Task statement:
Your task is to write out the complete listing exactly as it is shown.

Source material:
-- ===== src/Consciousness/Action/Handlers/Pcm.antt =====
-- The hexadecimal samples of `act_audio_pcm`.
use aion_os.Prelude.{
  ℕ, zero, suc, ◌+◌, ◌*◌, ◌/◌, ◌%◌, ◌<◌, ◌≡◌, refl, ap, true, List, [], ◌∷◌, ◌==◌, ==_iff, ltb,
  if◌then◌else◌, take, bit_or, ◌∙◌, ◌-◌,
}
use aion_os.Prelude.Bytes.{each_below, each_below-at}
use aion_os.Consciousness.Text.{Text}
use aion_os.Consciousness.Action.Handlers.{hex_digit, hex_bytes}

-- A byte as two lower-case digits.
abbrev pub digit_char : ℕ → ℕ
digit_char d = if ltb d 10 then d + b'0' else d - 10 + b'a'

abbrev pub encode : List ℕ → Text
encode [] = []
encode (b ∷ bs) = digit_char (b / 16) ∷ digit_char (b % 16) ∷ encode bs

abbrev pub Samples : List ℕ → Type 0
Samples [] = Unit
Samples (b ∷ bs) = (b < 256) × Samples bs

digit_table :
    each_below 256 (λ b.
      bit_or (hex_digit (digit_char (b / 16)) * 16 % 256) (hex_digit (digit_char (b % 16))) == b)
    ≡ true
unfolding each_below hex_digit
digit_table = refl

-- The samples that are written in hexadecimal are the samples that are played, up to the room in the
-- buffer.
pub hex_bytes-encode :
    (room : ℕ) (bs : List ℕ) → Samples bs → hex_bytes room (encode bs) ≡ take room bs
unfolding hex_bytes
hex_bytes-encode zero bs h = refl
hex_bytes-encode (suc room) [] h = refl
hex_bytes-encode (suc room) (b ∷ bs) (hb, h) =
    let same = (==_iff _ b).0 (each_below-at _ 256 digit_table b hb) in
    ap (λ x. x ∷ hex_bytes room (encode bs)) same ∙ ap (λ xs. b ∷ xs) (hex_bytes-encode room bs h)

Response to the exercise:
-- ===== src/Consciousness/Action/Handlers/Pcm.antt =====
-- The hexadecimal samples of `act_audio_pcm`.
use aion_os.Prelude.{
  ℕ, zero, suc, ◌+◌, ◌*◌, ◌/◌, ◌%◌, ◌<◌, ◌≡◌, refl, ap, true, List, [], ◌∷◌, ◌==◌, ==_iff, ltb,
  if◌then◌else◌, take, bit_or, ◌∙◌, ◌-◌,
}
use aion_os.Prelude.Bytes.{each_below, each_below-at}
use aion_os.Consciousness.Text.{Text}
use aion_os.Consciousness.Action.Handlers.{hex_digit, hex_bytes}

-- A byte as two lower-case digits.
abbrev pub digit_char : ℕ → ℕ
digit_char d = if ltb d 10 then d + b'0' else d - 10 + b'a'

abbrev pub encode : List ℕ → Text
encode [] = []
encode (b ∷ bs) = digit_char (b / 16) ∷ digit_char (b % 16) ∷ encode bs

abbrev pub Samples : List ℕ → Type 0
Samples [] = Unit
Samples (b ∷ bs) = (b < 256) × Samples bs

digit_table :
    each_below 256 (λ b.
      bit_or (hex_digit (digit_char (b / 16)) * 16 % 256) (hex_digit (digit_char (b % 16))) == b)
    ≡ true
unfolding each_below hex_digit
digit_table = refl

-- The samples that are written in hexadecimal are the samples that are played, up to the room in the
-- buffer.
pub hex_bytes-encode :
    (room : ℕ) (bs : List ℕ) → Samples bs → hex_bytes room (encode bs) ≡ take room bs
unfolding hex_bytes
hex_bytes-encode zero bs h = refl
hex_bytes-encode (suc room) [] h = refl
hex_bytes-encode (suc room) (b ∷ bs) (hb, h) =
    let same = (==_iff _ b).0 (each_below-at _ 256 digit_table b hb) in
    ap (λ x. x ∷ hex_bytes room (encode bs)) same ∙ ap (λ xs. b ∷ xs) (hex_bytes-encode room bs h)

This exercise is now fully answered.